在洋人新年与中国新年之间的岁月转折里重读章诒和,特别合宜,因有浓重的历史感在时间里飘荡。当把眼睛从书页间移开,抬头望向空气,见到的尽是人脸,或狰狞或愁苦;所谓时间,所谓岁月,说穿了都是由一张张人脸所曾承受的一段段喜怒哀乐、所曾展现的一帧帧黑白明暗组成:脸容其实就是历史。
章诒和的文章,是“忆旧文学”,但其所以动人,不只是因为旧事感人,亦因为文字惑人,或泼墨或工笔,或侧写或白描,作者像一位画艺高手把心底的景色印象刻画得栩栩如生。尤其值得注意的是一个“如”字。历史真相到底是个什么样的“生”法,其实没人知晓,谁在什么时候在什么地方用什么语气说过什么话语,谁都不敢或没法肯定,唯有经由作者利用细致文笔描出的一个“如”真的“生”,我们才会认真相信也才会深刻承认,嗯,是的,历史确曾有过这号人物。
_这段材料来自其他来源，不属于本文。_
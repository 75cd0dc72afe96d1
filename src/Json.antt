-- ===== src/Json.antt =====
-- JSON values as Python's json module decodes them: dict, list, str, int, float, bool, None. A dict
-- keeps its insertion order. A float keeps its printed text, and is compared by it.
pub mod Laws
use vibe_coding_harness.Prelude.{
  ℕ, zero, suc, String, Bool, true, false, not, ◌&&◌, Option, none, some, List, [], ◌∷◌, map,
  length, all, contains, is_empty, ◌==◌, eqb, if◌then◌else◌,
}

-- `negsuc n` is -(n + 1).
pub data ℤ : Type 0 where
  pos : ℕ → ℤ
  negsuc : ℕ → ℤ

mutual
  pub data Json : Type 0 where
    null : Json
    bool : Bool → Json
    int : ℤ → Json
    float : String → Json
    str : String → Json
    list : Items → Json
    dict : Fields → Json

  pub data Items : Type 0 where
    nil : Items
    cons : Json → Items → Items

  pub data Fields : Type 0 where
    end : Fields
    field : String → Json → Fields → Fields

abbrev pub items : Items → List Json
items nil = []
items (cons v vs) = v ∷ items vs

abbrev pub of_items : List Json → Items
of_items [] = nil
of_items (v ∷ vs) = cons v (of_items vs)

abbrev pub entries : Fields → List (String × Json)
entries end = []
entries (field k v d) = (k, v) ∷ entries d

abbrev pub keys : Fields → List String
keys end = []
keys (field k v d) = k ∷ keys d

-- `d.get(k)`, and `d[k] = v`, which keeps the place of a key that is there.
unfoldable pub get : String → Fields → Option Json
get k end = none
get k (field j v d) = if j == k then some v else get k d

unfoldable pub put : String → Json → Fields → Fields
put k v end = field k v end
put k v (field j w d) = if j == k then field j v d else field j w (put k v d)

-- `d.get(k, default)`
unfoldable pub get_or : String → Json → Fields → Json
unfolding get
get_or k default d = elim (get k d) [ none ↦ default | some v ↦ v ]

-- `None` for a missing key: `d.get(k)` as a value.
unfoldable pub get_value : String → Fields → Json
unfolding get_or
get_value k d = get_or k null d

-- `set(d) == expected`, for the literal sets of the program.
unfoldable pub has_exact_keys : List String → Fields → Bool
has_exact_keys expected d =
    all (λ k. contains k expected) (keys d) && all (λ k. contains k (keys d)) expected

abbrev ℤ_eq : ℤ → ℤ → Bool
ℤ_eq (pos m) (pos n) = eqb m n
ℤ_eq (negsuc m) (negsuc n) = eqb m n
ℤ_eq _ _ = false

-- `True` is 1 and `False` is 0 to Python's `==`.
abbrev of_bool : Bool → ℤ
of_bool true = pos 1
of_bool false = pos 0

abbrev eq_number : ℤ → Json → Bool
eq_number m (int n) = ℤ_eq m n
eq_number m (bool b) = ℤ_eq m (of_bool b)
eq_number m _ = false

-- Python's `==` on values: lists by their items, dicts by their entries in any order.
unfoldable mutual
  unfolding get

  pub eq : Json → Json → Bool
  eq null null = true
  eq (bool a) w = eq_number (of_bool a) w
  eq (int m) w = eq_number m w
  eq (float a) (float b) = a == b
  eq (str a) (str b) = a == b
  eq (list xs) (list ys) = eq_items xs ys
  eq (dict xs) (dict ys) = eqb (length (keys xs)) (length (keys ys)) && eq_fields xs ys
  eq _ _ = false

  pub eq_items : Items → Items → Bool
  eq_items nil nil = true
  eq_items (cons x xs) (cons y ys) = eq x y && eq_items xs ys
  eq_items _ _ = false

  pub eq_fields : Fields → Fields → Bool
  eq_fields end d = true
  eq_fields (field k v xs) d = elim (get k d) [ none ↦ false | some w ↦ eq v w ] && eq_fields xs d

-- `bool(v)`. A float is false where it prints as a zero.
unfoldable pub truthy : Json → Bool
truthy null = false
truthy (bool b) = b
truthy (int n) = not (ℤ_eq n (pos 0))
truthy (float s) = not (s == "0.0") && not (s == "-0.0")
truthy (str s) = not (s == "")
truthy (list xs) = not (is_empty (items xs))
truthy (dict d) = not (is_empty (keys d))

abbrev pub is_null : Json → Bool
is_null null = true
is_null _ = false

abbrev pub as_dict : Json → Option Fields
as_dict (dict d) = some d
as_dict _ = none

abbrev pub as_list : Json → Option (List Json)
as_list (list xs) = some (items xs)
as_list _ = none

abbrev pub as_str : Json → Option String
as_str (str s) = some s
as_str _ = none

-- `isinstance(v, …)`
abbrev pub is_dict : Json → Bool
is_dict (dict d) = true
is_dict _ = false

abbrev pub is_list : Json → Bool
is_list (list xs) = true
is_list _ = false

abbrev pub is_str : Json → Bool
is_str (str s) = true
is_str _ = false

-- `v == "word"`
abbrev pub is_word : String → Json → Bool
is_word w (str s) = s == w
is_word w _ = false

-- `del d[k]`, for a key that is there.
unfoldable pub remove : String → Fields → Fields
remove k end = end
remove k (field j v d) = if j == k then remove k d else field j v (remove k d)
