-- ===== src/Models/Status.antt =====
-- The string enumerations of src/vibe/models.py. `value` prints a member, and `of_value` is the
-- call of the class on a string, `RunStatus(text)`: `none` is Python's ValueError.
use vibe_coding_harness.Prelude.{String, Option, none, some, List, [], ◌∷◌, ◌==◌, if◌then◌else◌}

-- The first member whose value is the text.
abbrev pub find_value {ℓ} : {A : Type ℓ} → (A → String) → List A → String → Option A
find_value value [] text = none
find_value value (a ∷ rest) text =
    let others = find_value value rest text in if value a == text then some a else others

pub data RunStatus : Type 0 where
  created planning executing global_verifying evaluating repairing : RunStatus
  paused stopped succeeded failed imported_read_only : RunStatus

pub data TaskStatus : Type 0 where
  pending ready running ready_to_integrate integrating completed failed cancelled : TaskStatus

pub data AttemptStatus : Type 0 where
  starting running verifying succeeded failed cancelled abandoned : AttemptStatus

pub data ProviderStatus : Type 0 where
  running succeeded failed : ProviderStatus

pub data EvaluationVerdict : Type 0 where
  pass needs_repair unverified blocked : EvaluationVerdict

abbrev pub run_value : RunStatus → String
run_value created = "CREATED"
run_value planning = "PLANNING"
run_value executing = "EXECUTING"
run_value global_verifying = "GLOBAL_VERIFYING"
run_value evaluating = "EVALUATING"
run_value repairing = "REPAIRING"
run_value paused = "PAUSED"
run_value stopped = "STOPPED"
run_value succeeded = "SUCCEEDED"
run_value failed = "FAILED"
run_value imported_read_only = "IMPORTED_READ_ONLY"

abbrev pub run_members : List RunStatus
run_members =
    created ∷ planning ∷ executing ∷ global_verifying ∷ evaluating ∷ repairing ∷ paused ∷ stopped
    ∷ RunStatus.succeeded ∷ RunStatus.failed ∷ imported_read_only ∷ []

unfoldable pub run_status : String → Option RunStatus
run_status = find_value run_value run_members

abbrev pub task_value : TaskStatus → String
task_value pending = "PENDING"
task_value ready = "READY"
task_value running = "RUNNING"
task_value ready_to_integrate = "READY_TO_INTEGRATE"
task_value integrating = "INTEGRATING"
task_value completed = "COMPLETED"
task_value failed = "FAILED"
task_value cancelled = "CANCELLED"

unfoldable pub task_status : String → Option TaskStatus
task_status = find_value task_value (
    pending ∷ ready ∷ TaskStatus.running ∷ ready_to_integrate ∷ integrating ∷ completed
    ∷ TaskStatus.failed ∷ TaskStatus.cancelled ∷ [])

abbrev pub attempt_value : AttemptStatus → String
attempt_value starting = "STARTING"
attempt_value running = "RUNNING"
attempt_value verifying = "VERIFYING"
attempt_value succeeded = "SUCCEEDED"
attempt_value failed = "FAILED"
attempt_value cancelled = "CANCELLED"
attempt_value abandoned = "ABANDONED"

unfoldable pub attempt_status : String → Option AttemptStatus
attempt_status = find_value attempt_value (
    starting ∷ AttemptStatus.running ∷ verifying ∷ AttemptStatus.succeeded ∷ AttemptStatus.failed
    ∷ AttemptStatus.cancelled ∷ abandoned ∷ [])

abbrev pub verdict_value : EvaluationVerdict → String
verdict_value pass = "PASS"
verdict_value needs_repair = "NEEDS_REPAIR"
verdict_value unverified = "UNVERIFIED"
verdict_value blocked = "BLOCKED"

unfoldable pub evaluation_verdict : String → Option EvaluationVerdict
evaluation_verdict = find_value verdict_value (pass ∷ needs_repair ∷ unverified ∷ blocked ∷ [])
音容宛在,我记得。
且看《一阵风,留下了千古绝唱》一文里写的马连良。盛年的光芒,舞台的风采,政治的折腾,挫败里的坚持,斗争中的低头……一位名伶一个汉子的曲折生命在如小说般的起承转合里在读者眼前结结实实地重活了一遍,章诒和用六七万字拍了一出纸上电影,不逊陈凯歌张艺谋乃至陈可辛。
写马连良,起首处作了刻意铺排:周恩来于1951年派人到香港把马连良接回北京,马临行前,曾找算命先生。占卜结果没写出来,直至文末,马连良于1966年在排队端饭时摔倒昏下,然后去世,谜底才揭穿:“这个有名的星相家,就是住堡垒街的袁树珊。卜算的结果,用袁先生的话来说是,你还有15年大运。”之后呢?马连良太太追问。马连良予以阻止:“你就别问了,只要有15年好运,也就行了。”1966年减1951年,刚好15年。但算命先生也不算全准。后来捱批遭斗,不算“好运”呀,只是一息尚存、苟延残喘而已。“离店房逃至天涯路外,我好比丧家犬好不悲哀。”或许不必劳烦算命先生,马连良在吟唱里,早已预告了自己的命运。
综观而论,章诒和的“忆旧文章”写出了大时代大历史里的三项关键人性特质:恐怖、良心、礼教。三者纠缠,都在,但不一定同时显现。
恐怖,在于人的行为与心理原来往往远不如想象般善良高贵,再好的朋友也会彼此出卖,再亲的家人亦会互相背叛,遑论生意上的熟人和政治上的同志,说翻脸就翻脸,有时候损人利己,有时候根本损人而不利己,仅是为了消除心底的妒忌和眼红。人的劣根性,原来远比想象中的严重。
良心,在于心地再坏的人到了某些时刻,可能连自己亦没料到,竟会突然懊悔、忏疚、惭愧、怯弱、心软、羞耻……仿佛每个人的潜意识深处都装设了一个“良知闹钟”,在意想不到的地方,在意料未及的时候,突然响闹,令人对自己所做的事情感到不安与不屑,甚至作出补救或道歉。如同劣根性,人的良知原来远比想象中的强顽。
礼教,则是社会转型时代的优雅秩序,在章诒和眼中,它不应该失落却曾经严重失落,但幸好,到了环境稍好的时刻,它又极有可能被重建与重温。章诒和写马连良,谈到上世纪50年代剧团改革的深远影响在于“舞台建制的拆解和戏班传统人际关系的崩溃”,便是对于礼教失落的慨叹。其中有个小故事:马连良对学生李慕良在工作上有所要求,李拒绝,马怒道:“李慕良,你是什么东西!你是哪一位呀,也敢来驳我?我马连良不是李慕良培养出来的。我马连良也不是一天半天的,你拍拍良心想想,我把你养活了。现在,你到家里连师娘都不叫了,你太难了!”李慕良后来认错:“我保证今后尊重马先生,不能忘本,对老师要报恩。”章诒和的诠释是:马连良力图维护一种体面,对体面式的尊严具有特别的敏感;梅兰芳的猝死,不就是为了保持体面、病重坚持独自如厕吗?
恐怖,良心,礼教。章诒和写出了大时代里知识分子和伶人角儿的命运质感,而这其实亦是中国近百年的历史质感。放心,千古绝唱其实不会成其绝唱,因为无论好或不好,毕竟都是普遍的人性。中国往前走,它们都会以不同的形式存在与显影。